Reviewed By Chaitram Aklu
“Rage from the Backwater” is Somnauth Narine’s first novel. Published in September, “Rage” is a realistic suspense fiction set in Queens New York, Guyana and Venezuela.
Rage could easily lead the reader to conclude the book is non fiction. The author uses fictional names for his characters and real place names for the setting. The book taps into the travel genre in the vein of the great travel books by V.S. Naipaul and Paul Theroux.
Narine was born and raised in Guyana. He began writing short stories as a teenager, many of which were read on national radio. His previous works include an anthology: The Call of the Ocean ((2012); a Children’s book: Anansi and the Alligator’s Diamond (2012). He also wrote four scripts that were turned into movies: Brown Sugar Too Bitter for Me (2013), Forgotten Promise ( 2014), Protection Game (2016), Brown Sugar Too Bitter for Me 2, and The Oil Dream (2020).
Rage’s plot concerns a 31-year-old man, Kunal Satrohan, the protagonist, whose family past had been hidden from him his whole life. The story opens with the death of both his parents – killed when an arsonist set fire to their home. At the time the police theory, based on one grainy image, was that it was randomly set by a homeless person.
He undertook to return his father’s ashes to his native village in Guyana. There he learned from relatives that his father was wrongfully convicted and served time in prison.
Armed with this shocking information, Kunal went into detective mode in search of the truth. He began putting together bits and pieces of information. He started tracking down those responsible for his father being wrongfully accused and imprisoned for the death of a young child in his Corentyne village.
Over a 10-day period, the trail led him to several places in Guyana and neighboring Venezuela, and back to New York. It has a twist in the ending much like the plot of a typical O. Henry story. The famous writer (1862-1910) was noted for coincidences and surprise endings in his short stories. Narine’s Rage ends with confession, remorse and forgiveness.
Rage never slows down from the moment of the fatal fire to the end as the protagonist follows clues in Guyana and returned to New York as he closes in on the culprit.
Narine tells a good story. The plot is stitched together seamlessly so that the sequence of events flow smoothly throughout the 19 chapters. At one point, however, the reader may feel overwhelmed and worry that too many subplots and characters are put too closely together.
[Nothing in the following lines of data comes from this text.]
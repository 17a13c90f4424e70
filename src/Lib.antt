-- ===== src/Lib.antt =====
-- The SSH certificate authority (src/): a model of the program and the theorems about it.
--
-- The program is two processes. The SSH server (src/ssh_server) authenticates users by password and
-- hosts by key, and turns what they send into requests. The CA process (src/certificat_authority)
-- has the private key; it takes the requests over a Unix socket, reads the configuration of the
-- user or the host, and signs a certificate. Each request has a token that both processes know and
-- a counter that must grow.
--
-- Files and code:
-- - Ssh: src/ssh_server. Ssh/Names has validate_username, parse_exec_command and validate_hostname;
--   Ssh/Handler the state of a connection and of the server, and auth_password, auth_publickey,
--   channel_open_session and drop; Ssh/Signing send_cert_and_close, handle_sign_host_key,
--   handler_sign_user_key and exec_request; Ssh/Session the calls that russh makes on one handler,
--   in any order; Ssh/Clients all connections of a server and the map that it keeps of them;
--   Ssh/Listening the run of SshCaServer.
-- - Identity: src/identiy_handlers, the PAM authenticator and what sets it up.
-- - Ipc: the messages of src/certificat_authority/mod.rs and their frames. Ipc/Client is
--   ca_client.rs: send_request, in the parts fetch_add, checked_add_one, frame and read_response.
--   Ipc/Server is ca_server.rs: handle_request, and the loop of run, in the parts read_message,
--   authenticate, respond and writes_of; Ipc/Server/Binding is the start of run. Ipc/Traffic has the
--   requests that are under way at one time: connections that wait, numbers that are drawn, and
--   requests that are read.
-- - EndToEnd: the SSH server, the client, the CA server and the CA together; EndToEnd/Vouched follows
--   what a client is sent back to the login and the certificate it comes from, EndToEnd/Visits a
--   whole visit, and EndToEnd/Conversation the requests of a client from the startup on.
-- - Authority: CertificateAuthority of src/certificat_authority/mod.rs.
-- - Inventory: host_config_reader.rs. UserTemplates: user_defaults_reader.rs.
--   CertificateTemplates: certificat_template_reader.rs, which is not compiled. Records: the structs
--   that are read from files.
-- - Config: src/config/mod.rs, read_config and the resolution of relative paths.
-- - Startup: run_server of src/lib.rs, as the list of what it does; Startup/Main is src/main.rs. The
--   feature test_auth is in Startup/Main and Ssh/Handler/TestAuth.
-- - Fuzz: fuzz/fuzz_targets, the nine targets as functions of what the fuzzer makes.
-- - UnitTests: the unit tests in the sources, as functions that panic where an assertion fails.
-- - Interfaces: what the program takes from the crates ssh-key, russh, toml, minijinja, glob,
--   serde_json and subtle, and from the file system and the clock. They are parameters. What is
--   relied on of them is in BuilderLaws, JsonLaws, ShortTexts and ComparesBytes, and where a lemma
--   is about panics, in CalmKeys, CalmFiles, CalmFormats, CalmClock and CalmWire.
-- - Common, Text, FilePath, Errors: results, strings and their UTF-8, Unix paths as std::path reads
--   them, and the texts of errors.
-- - Tests: stand-ins for the parameters, and runs of the model on them.
--
-- Conventions. A fallible function gives an Outcome: a value, an error, or a panic. A string is the
-- list of its characters, a path its text. Integers are natural numbers with the wrap-around of
-- their width written out. A handler of the SSH server gives a Turn: the new state, the requests it
-- sent, the calls on the session, and its result. Loops are recursive on the list they go through;
-- the decimal digits of a number are computed on a fuel of 20, which a number below 2 ^ 64 does not
-- use up.
--
-- Not modelled: logging; the parsing of the arguments of the command line; the
-- integration tests, scripts and packaging. A call on a handler, with the request that it sends,
-- is one step; how requests interleave on the way is in Ipc/Traffic, for the numbers and the checks
-- on them only. A path is a text, so the panics of to_str().unwrap() on a path that is not UTF-8 are
-- left out. A connection to the CA server is what its peer sends before it closes: one that neither
-- sends nor closes, for which the server waits without end, is not an event. Arithmetic wraps
-- around, as in a release build.
pub mod Common
pub mod Text
pub mod Errors
pub mod FilePath
pub mod Records
pub mod Interfaces
pub mod Config
pub mod Inventory
pub mod UserTemplates
pub mod CertificateTemplates
pub mod Authority
pub mod Ipc
pub mod Identity
pub mod Ssh
pub mod EndToEnd
pub mod Fuzz
pub mod Startup
pub mod UnitTests
pub mod Tests
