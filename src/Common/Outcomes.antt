-- ===== src/Common/Outcomes.antt =====
-- What a Rust function that returns `anyhow::Result` does: it returns a value, it returns an
-- error, or it panics. The errors are those of certificat_authority, identiy_handlers and config,
-- and those of the libraries, which are known by their message.
use Prim.Native.Nat.{ℕ}
use mathlib.Core.Path.{◌≡◌, refl}
use mathlib.Core.List.{List}
use mathlib.Core.Bool.{Bool, true, false}
use ssh_certificate_authorit.Common.Tests.{if◌then◌else◌}

-- A Rust string, as the list of its `char`s.
abbrev pub Str : Type 0
Str = List ℕ

abbrev pub Bytes : Type 0
Bytes = List ℕ

pub data Error : Type 0 where
  foreign : Str → Error
  wrong_public_key : Str → Error
  inventory_unresolved : Str → Error
  host_path_unresolved : Str → Error
  path_traversal : Error
  template_too_large : Str → Error
  config_missing : Str → Error
  key_missing : Str → Error
  forbidden_user : Str → Error
  counter_exhausted : Error
  request_too_large : ℕ → Error
  response_too_large : ℕ → Error
  not_utf8 : Error
  invalid_utf8 : Error
  short_read : Error

pub data Outcome {ℓ} (A : Type ℓ) : Type ℓ where
  ok : A → Outcome A
  err : Error → Outcome A
  panic : Outcome A

module _ {ℓ κ} {A : Type ℓ} {B : Type κ} where
  infixl 5 ◌>>=◌ ◌>>◌
  -- The operator `?`, with what comes after it.
  abbrev pub ◌>>=◌ : Outcome A → (A → Outcome B) → Outcome B
  panic >>= next = panic
  err e >>= next = err e
  ok value >>= next = next value

  abbrev pub ◌>>◌ : Outcome A → Outcome B → Outcome B
  first >> second = first >>= λ _. second

-- `map_err`
abbrev pub map_err {ℓ} : {A : Type ℓ} → (Error → Error) → Outcome A → Outcome A
map_err f (ok a) = ok a
map_err f (err e) = err (f e)
map_err f panic = panic

module _ {ℓ κ} {A : Type ℓ} {B : Type κ} where
  -- A block that returned, taken apart: the rest of the proof is the last argument.
  pub >>=-ok-then {μ} :
      {C : Type μ} (first : Outcome A) (next : A → Outcome B) {result : B}
      → (first >>= next) ≡ ok result
      → ((value : A) → first ≡ ok value → next value ≡ ok result → C)
      → C
  >>=-ok-then panic next h k = cc
  >>=-ok-then (err e) next h k = cc
  >>=-ok-then (ok value) next h k = k value refl h

  pub >>=-ok :
      (first : Outcome A) (next : A → Outcome B) {value : A}
      → first ≡ ok value
      → (first >>= next) ≡ next value
  >>=-ok first next e = λ i. e i >>= next

  -- `>>=-ok-then`, as a tuple.
  pub >>=-eq-ok :
      (first : Outcome A) (next : A → Outcome B) {result : B}
      → (first >>= next) ≡ ok result
      → (value : A) × (first ≡ ok value) × (next value ≡ ok result)
  >>=-eq-ok first next h = >>=-ok-then first next h λ value e r. (value, e, r)

-- `unwrap` and `expect`
abbrev pub unwrap {ℓ} : {A : Type ℓ} → Outcome A → Outcome A
unwrap (ok a) = ok a
unwrap (err e) = panic
unwrap panic = panic

-- `assert!`
abbrev pub assert : Bool → Outcome (Unit {0})
assert true = ok tt
assert false = panic

-- A value or an error, and no panic.
abbrev pub Calm {ℓ} : {A : Type ℓ} → Outcome A → Type 0
Calm (ok a) = Unit
Calm (err e) = Unit
Calm panic = ⊥

pub Calm->>= {ℓ κ} :
    {A : Type ℓ} {B : Type κ} (first : Outcome A) (next : A → Outcome B)
    → Calm first
    → ((value : A) → Calm (next value))
    → Calm (first >>= next)
Calm->>= (ok value) next h k = k value
Calm->>= (err e) next h k = tt
Calm->>= panic next h k = absurd h

-- The same, where the rest may use that the first part returned.
pub Calm->>=-ok {ℓ κ} :
    {A : Type ℓ} {B : Type κ} (first : Outcome A) (next : A → Outcome B)
    → Calm first
    → ((value : A) → first ≡ ok value → Calm (next value))
    → Calm (first >>= next)
Calm->>=-ok (ok value) next h k = k value refl
Calm->>=-ok (err e) next h k = tt
Calm->>=-ok panic next h k = absurd h

pub Calm-if {ℓ} :
    {A : Type ℓ} (b : Bool) (x y : Outcome A) → Calm x → Calm y → Calm (if b then x else y)
Calm-if true x y h k = h
Calm-if false x y h k = k

pub Calm-map_err {ℓ} :
    {A : Type ℓ} (f : Error → Error) (m : Outcome A) → Calm m → Calm (map_err f m)
Calm-map_err f (ok a) h = tt
Calm-map_err f (err e) h = tt
Calm-map_err f panic h = h

-- What is calm on values and on errors is calm on an outcome that is calm.
pub Calm-elim {ℓ κ} :
    {A : Type ℓ} {B : Type κ} (f : Outcome A → Outcome B) (m : Outcome A)
    → Calm m
    → ((value : A) → m ≡ ok value → Calm (f (ok value)))
    → ((e : Error) → Calm (f (err e)))
    → Calm (f m)
Calm-elim f (ok a) h k l = k a refl
Calm-elim f (err e) h k l = l e
Calm-elim f panic h k l = absurd h
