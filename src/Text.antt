-- ===== src/Text.antt =====
-- Rust strings as far as the program uses them: literals, equality, `contains`, `len`, `format!`.
pub mod Utf8
pub mod Words
pub mod Decimal
use Prim.Native.Char.{code}
use Prim.Native.String
use ssh_certificate_authorit.Common.{
  ℕ, zero, suc, ◌+◌, ◌-◌, ◌*◌, ◌/◌, ◌%◌, ◌<◌, ◌≡◌, refl, ◌↔◌, Bool, true, false, ◌&&◌, ◌||◌, List,
  [], ◌∷◌, ◌++◌, Str, ltb, leb, ◌==◌, if◌then◌else◌, arith, all, any, ap, ap₂, ==_iff, Bool-cases,
  inl, inr, ◌∙◌, String,
}

-- A literal, as the list of its characters.
abbrev pub codes : String → Str
codes String.[] = []
codes (String.◌∷◌ c s) = code c ∷ codes s

-- `==` on strings.
unfoldable pub str_eq : Str → Str → Bool
str_eq [] [] = true
str_eq [] (y ∷ ys) = false
str_eq (x ∷ xs) [] = false
str_eq (x ∷ xs) (y ∷ ys) = x == y && str_eq xs ys

str_eq_sound : (s t : Str) → str_eq s t ≡ true → s ≡ t
unfolding str_eq
str_eq_sound [] [] h = refl
str_eq_sound [] (y ∷ ys) h = cc
str_eq_sound (x ∷ xs) [] h = cc
str_eq_sound (x ∷ xs) (y ∷ ys) h = ground (arith, str_eq_sound xs ys)

str_eq_refl : (s : Str) → str_eq s s ≡ true
unfolding str_eq
str_eq_refl [] = refl
str_eq_refl (x ∷ xs) = ground (arith, str_eq_refl xs)

pub str_eq_iff : (s t : Str) → (str_eq s t ≡ true) ↔ (s ≡ t)
str_eq_iff s t = (str_eq_sound s t, λ e. subst_eq e)
  where
    subst_eq : s ≡ t → str_eq s t ≡ true
    subst_eq e = rw e (str_eq_refl t)

-- `s.contains(c)` for a character.
abbrev pub contains_char : ℕ → Str → Bool
contains_char c s = any (λ x. x == c) s

-- `s.starts_with(p)`
abbrev pub starts_with : Str → Str → Bool
starts_with s [] = true
starts_with [] (y ∷ ys) = false
starts_with (x ∷ xs) (y ∷ ys) = x == y && starts_with xs ys

-- `s.contains(p)` for a string.
abbrev pub contains_str : Str → Str → Bool
contains_str p [] = starts_with [] p
contains_str p (x ∷ xs) = starts_with (x ∷ xs) p || contains_str p xs

abbrev pub is_empty : Str → Bool
is_empty [] = true
is_empty (c ∷ s) = false

-- `char::is_ascii_alphanumeric`
abbrev pub is_ascii_alphanumeric : ℕ → Bool
is_ascii_alphanumeric c =
    leb b'0' c && leb c b'9' || leb b'A' c && leb c b'Z' || leb b'a' c && leb c b'z'
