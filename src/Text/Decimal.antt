-- ===== src/Text/Decimal.antt =====
-- `{}` on an unsigned integer.
use ssh_certificate_authorit.Common.{
  ℕ, zero, suc, ◌+◌, ◌*◌, ◌-◌, ◌/◌, ◌%◌, ◌^◌, ◌<◌, ◌≡◌, refl, ap, ◌∙◌, Bool, true, false, [], ◌∷◌,
  Str, ltb, ltb→lt, if◌then◌else◌, arith,
}

-- The digits of `n` in front of `s`.
digits : ℕ → ℕ → Str → Str
digits zero n s = s
digits (suc fuel) n s =
    let d = b'0' + n % 10 in
    let rest = digits fuel (n / 10) (d ∷ s) in if ltb n 10 then d ∷ s else rest

-- A `u64` has twenty digits at most.
unfoldable pub decimal : ℕ → Str
unfolding digits
decimal n = digits 20 n []

decimal_max :
    decimal (2 ^ 64)
    ≡ b'1' ∷ b'8' ∷ b'4' ∷ b'4' ∷ b'6' ∷ b'7' ∷ b'4' ∷ b'4' ∷ b'0' ∷ b'7' ∷ b'3' ∷ b'7' ∷ b'0'
      ∷ b'9' ∷ b'5' ∷ b'5' ∷ b'1' ∷ b'6' ∷ b'1' ∷ b'6' ∷ []
unfolding decimal
decimal_max = refl

-- The number that a text of digits stands for, after the digits of `acc`.
abbrev value : ℕ → Str → ℕ
value acc [] = acc
value acc (c ∷ s) = value (acc * 10 + (c - b'0')) s

value-digits : (fuel n : ℕ) (s : Str) → n < 10 ^ fuel → value 0 (digits fuel n s) ≡ value n s
unfolding digits
value-digits zero n s h = ap (λ m. value m s) (omega arith)
value-digits (suc fuel) n s h =
    by_size (ltb n 10) refl (value-digits fuel (n / 10) ((b'0' + n % 10) ∷ s) (omega arith))
  where
    by_size :
        (b : Bool)
        → ltb n 10 ≡ b
        → value 0 (digits fuel (n / 10) ((b'0' + n % 10) ∷ s))
          ≡ value (n / 10) ((b'0' + n % 10) ∷ s)
        → value 0 (if b then (b'0' + n % 10) ∷ s else digits fuel (n / 10) ((b'0' + n % 10) ∷ s))
          ≡ value n s
    by_size true e ih = let small : n < 10 = ltb→lt n 10 e in ap (λ m. value m s) (omega arith)
    by_size false e ih = ih ∙ ap (λ m. value m s) (omega arith)

-- A `u64` is printed with all its digits: they stand for it.
value-decimal : (n : ℕ) → n < 2 ^ 64 → value 0 (decimal n) ≡ n
unfolding decimal
value-decimal n h = value-digits 20 n [] (omega arith)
But the narrative becomes very clear in the last chapters.This is because he has a way of compelling the reader to keep reading and uses an abundance of metaphors in his descriptions of places and events and people to hold the reader’s attention.
The reader becomes more interested in the protagonist and his next encounter as the plot unfolds. It is impossible to make a forward connection of what the next move of the antagonist will be and how the protagonist will respond. By the end of the story, however, the connection between the characters are made.
On reading Rage, a basic theme emerged that reminded me of a calypso by the Mighty Sparrow in which he tells us “Love can cause a lot of confusion.” I would add that love can also lead to revenge and murder. Also, weaved into the plot are other themes such as commitment and loyalty; family and community togetherness; keeping secrets; determination; remorse and forgiveness.
Chaitram Aklu is a writer and retired educator. He writes on a variety of topics including history, education, environment, and current events. He is based in New York City.